While Fear of The Dawn begins with the monstrous celebration of rock that is “Taking Me Back”, Entering Heaven Alive, with its more luscious production and traditional instrumentation, ends with an alternate version, fittingly titled “Taking Me Back (Gently)”. Even more fitting is the fact that this track is the only one on the album recorded using traditional equipment, ultimately relishing in its vintage sound.

“It’s nice to have ‘Taking Me Back’ as two different versions of the same song, because it really shows a listener that it doesn’t really matter what style you play a song,” he explains. “Maybe we’re too obsessed with the style of a song rather than the actual song that’s underneath it all, the foundation of it, the root of the song that’s in there.

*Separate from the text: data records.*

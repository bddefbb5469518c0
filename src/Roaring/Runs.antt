-- ===== src/Roaring/Runs.antt =====
-- The values of a sparse set, key by key, into containers.
use arnm.Base.{
  ℕ, zero, suc, ◌+◌, ◌≤◌, ◌<◌, ◌≡◌, ◌≢◌, refl, ap, sym, ◌∙◌, List, [], ◌∷◌, ◌++◌, true, inl, inr,
  arith, map, length, take, ◌==◌, Bool-cases, ==_iff, append_assoc, append-nil, length-append,
  length-map,
}
use arnm.BucketVector.Walks.{take-all}
use arnm.Result.{is_success}
use arnm.Roaring.{Container, RoaringBitmap, empty_set, is_sparse, key_of, low_of, value_of}
use arnm.Roaring.Pool.{BlockPool, IsLending, Refuses}
use arnm.Roaring.Containers.{emit_array}
use arnm.Roaring.Adding.{run_of, emit_runs, values_to_containers, sparse_to_containers}
use arnm.Roaring.Ascending.{IsAscending, IsAscending-widen, IsAscending-le}
use arnm.Roaring.Keys.{keys_of}
use arnm.Roaring.Elements.{directory_values, elements, IsSparse, IsRoaring, Settles}
use arnm.Roaring.Converting.{IsBuilt, emit_array-Emitted}

-- The front of the values is the run of the key, and the rest has higher keys.
run_of-splits :
    (key low : ℕ) (vs : List ℕ)
    → key < 65536
    → low ≤ 65536
    → IsAscending (value_of key low) vs 4294967296
    → (vs ≡ map (value_of key) (run_of key vs).0 ++ (run_of key vs).1)
      × IsAscending low (run_of key vs).0 65536
      × IsAscending (value_of (suc key) 0) (run_of key vs).1 4294967296
unfolding run_of
run_of-splits key low [] small within up = (refl, within, omega arith)
run_of-splits key low (v ∷ vs) small within (at_least, up) = elim (Bool-cases (key_of v == key)) [
  | inl same ↦
      let end = IsAscending-le (suc v) vs 4294967296 up in
      let split : v ≡ value_of key (low_of v) =
        let equal : key_of v ≡ key = (==_iff _ _).0 same in omega arith in
      let next : suc v ≡ value_of key (suc (low_of v)) = omega arith in
      let (whole, front, back) =
        run_of-splits key (suc (low_of v)) vs small (omega arith) (rw next at up) in
      rw same (
        ap (λ x. x ∷ vs) split ∙ ap (λ xs. value_of key (low_of v) ∷ xs) whole,
        (omega arith, front),
        back,
      )
  | inr other ↦
      let end = IsAscending-le (suc v) vs 4294967296 up in
      let differ : key_of v ≢ key = ground arith in rw other (refl, within, (omega arith, up))
]

-- A value is in the run of its own key.
run_of-own :
    (v : ℕ) (vs : List ℕ)
    → run_of (key_of v) (v ∷ vs) ≡ (low_of v ∷ (run_of (key_of v) vs).0, (run_of (key_of v) vs).1)
unfolding run_of
run_of-own v vs = let own : (key_of v == key_of v) ≡ true = ground arith in rw own refl

pub no_values : directory_values empty_set.containers ≡ []
unfolding directory_values
no_values = refl

pub empty_keys : IsAscending 0 (keys_of empty_set.containers) 0
unfolding keys_of
empty_keys = omega arith

pub empty_values : IsAscending 0 (directory_values empty_set.containers) 0
unfolding directory_values
empty_values = omega arith

pub empty_set-IsBuilt : IsBuilt empty_set
unfolding keys_of directory_values
empty_set-IsBuilt = record {
  directory = record {
    numbered = refl;
    blockless = λ null. refl;
    sorted = omega arith;
    all = tt;
    least = λ there. absurd (ground arith);
    log2_small = omega arith;
    fits = omega arith;
  };
  counted = refl;
  ascending = omega arith;
  top = inl refl;
  bounded = omega arith;
}

-- Values need a container.
pub some_containers :
    (cs : List Container) (n : ℕ) → n ≡ length (directory_values cs) → 0 < n → 0 < length cs
unfolding directory_values
some_containers [] n counted some_there = omega arith
some_containers (c ∷ cs) n counted some_there = omega arith

module _ (P : BlockPool) (lending : IsLending P) where
  pub emit_runs-values :
      (rounds : ℕ) (s : RoaringBitmap) (key : ℕ) (vs : List ℕ) (p : P.State)
      → IsBuilt s
      → IsAscending 0 (keys_of s.containers) key
      → IsAscending 0 (directory_values s.containers) (value_of key 0)
      → IsAscending (value_of key 0) vs 4294967296
      → length vs ≤ rounds
      → s.cardinality + length vs ≤ 2048
      → Settles
          (emit_runs P rounds s vs p).result
          (IsBuilt (emit_runs P rounds s vs p).out
            × (directory_values (emit_runs P rounds s vs p).out.containers
                ≡ directory_values s.containers ++ vs))
          (Refuses P)
  unfolding emit_runs is_success
  emit_runs-values zero s key [] p built sorted below up enough room =
      inl (refl, (built, sym (append-nil (directory_values s.containers))))
  emit_runs-values (suc rounds) s key [] p built sorted below up enough room =
      inl (refl, (built, sym (append-nil (directory_values s.containers))))
  emit_runs-values zero s key (v ∷ vs) p built sorted below up enough room = absurd (omega arith)
  emit_runs-values (suc rounds) s key (v ∷ vs) p built sorted below (at_least, up) enough room =
      let end = IsAscending-le (suc v) vs 4294967296 up in
      let k = key_of v in
      let higher : key ≤ k = omega arith in
      let small : k < 65536 = omega arith in
      let split : v ≡ value_of k (low_of v) = omega arith in
      let next : suc v ≡ value_of k (suc (low_of v)) = omega arith in
      let (whole, front, back) =
        run_of-splits k (suc (low_of v)) vs small (omega arith) (rw next at up) in
      let lows = (run_of k vs).0 in
      let rest = (run_of k vs).1 in
      let sizes : length vs ≡ length lows + length rest =
        ap length whole
        ∙ length-append (map (value_of k) lows) rest
        ∙ ap (λ n. n + length rest) (length-map lows (value_of k)) in
      let r = emit_array P s k (low_of v ∷ lows) (length (low_of v ∷ lows)) p in
      let all_values : directory_values s.containers ++ v ∷ vs
          ≡ (directory_values s.containers ++ map (value_of k) (low_of v ∷ lows)) ++ rest =
        ap (λ xs. directory_values s.containers ++ xs)
          (ap (λ x. x ∷ vs) split ∙ ap (λ xs. value_of k (low_of v) ∷ xs) whole)
        ∙ sym (
            append_assoc (directory_values s.containers) (map (value_of k) (low_of v ∷ lows))
              rest) in
      rw (run_of-own v vs)
        (elim (emit_array-Emitted P lending s k (low_of v) lows p built
          (IsAscending-widen 0 (keys_of s.containers) key k sorted higher) small
          (IsAscending-widen 0 (directory_values s.containers) (value_of key 0) (value_of k 0) below
            (omega arith))
          (omega arith, front) (omega arith) (omega arith)) [
            | inr (refusal, kept) ↦ rw refusal (inr (refusal, kept.1))
            | inl (done, emitted) ↦
                let count : r.out.cardinality ≡ s.cardinality + suc (length lows) =
                  emitted.built.counted
                  ∙ ap length emitted.values
                  ∙ length-append (directory_values s.containers)
                      (map (value_of k) (low_of v ∷ lows))
                  ∙ ap (λ n. length (directory_values s.containers) + suc n)
                      (length-map lows (value_of k))
                  ∙ ap (λ n. n + suc (length lows)) (sym built.counted) in
                rw done
                  (elim (emit_runs-values rounds r.out (suc k) rest r.pool emitted.built
                    emitted.sorted emitted.below back (omega arith) (omega arith)) [
                      | inr failed ↦ inr failed
                      | inl (ended, (after, held)) ↦ inl (
                        ended,
                        (after, held ∙ ap (λ xs. xs ++ rest) emitted.values ∙ sym all_values),
                      )
                    ])
          ])

  -- The containers that a sparse set with values becomes.
  pub sparse_to_containers-values :
      (s : RoaringBitmap) (p : P.State)
      → IsRoaring s
      → IsSparse s
      → 0 < s.cardinality
      → Settles
          (sparse_to_containers P s p).result
          (IsBuilt (sparse_to_containers P s p).out
            × (0 < (sparse_to_containers P s p).out.count)
            × (directory_values (sparse_to_containers P s p).out.containers ≡ s.values))
          ((sparse_to_containers P s p).out ≡ s × Refuses P)
  unfolding sparse_to_containers values_to_containers elements
  sparse_to_containers-values s p valid sparse some_there =
      let yes_sparse : is_sparse s ≡ true = ground (arith, sparse.no_containers) in
      let ascends : IsAscending 0 s.values (suc s.maximum) =
        rw (yes_sparse, elements) at valid.ascending in
      let up = IsAscending-widen 0 s.values (suc s.maximum) 4294967296 ascends valid.bounded in
      let all : take s.cardinality s.values ≡ s.values =
        take-all s.cardinality s.values (omega (arith, sparse.counted)) in
      elim (emit_runs-values s.cardinality empty_set 0 (take s.cardinality s.values) p
        empty_set-IsBuilt empty_keys empty_values (rw all up)
        (rw all (omega (arith, sparse.counted)))
        (rw all (omega (arith, sparse.counted, sparse.limited)))) [
          | inr (refusal, why) ↦ rw refusal (inr (refusal, (refl, why)))
          | inl (done, (built, held)) ↦
              let built_set =
                (emit_runs P s.cardinality empty_set (take s.cardinality s.values) p).out in
              let same = held ∙ ap (λ vs. vs ++ take s.cardinality s.values) no_values ∙ all in
              rw done (
                inl (
                  done,
                  (
                    built,
                    omega (
                      arith,
                      some_there,
                      built.directory.numbered,
                      some_containers built_set.containers s.cardinality
                          (sparse.counted ∙ sym (ap length same)) some_there,
                    ),
                    same,
                  ),
                ))
        ]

“[‘Taking Me Back (Gently)’ was recorded on] a 1930s RCA mic [preamp] unit that I got out of an old radio station,” he adds. “To put an RCA ribbon mic through an RCA mic preamp from the Thirties right on to a fiddle or an acoustic guitar, it just came so alive. Whereas the heavy version, I played all the instruments and we recorded completely on Pro Tools. It’s almost like it’s recorded in two different time periods of the last 100 years or something.”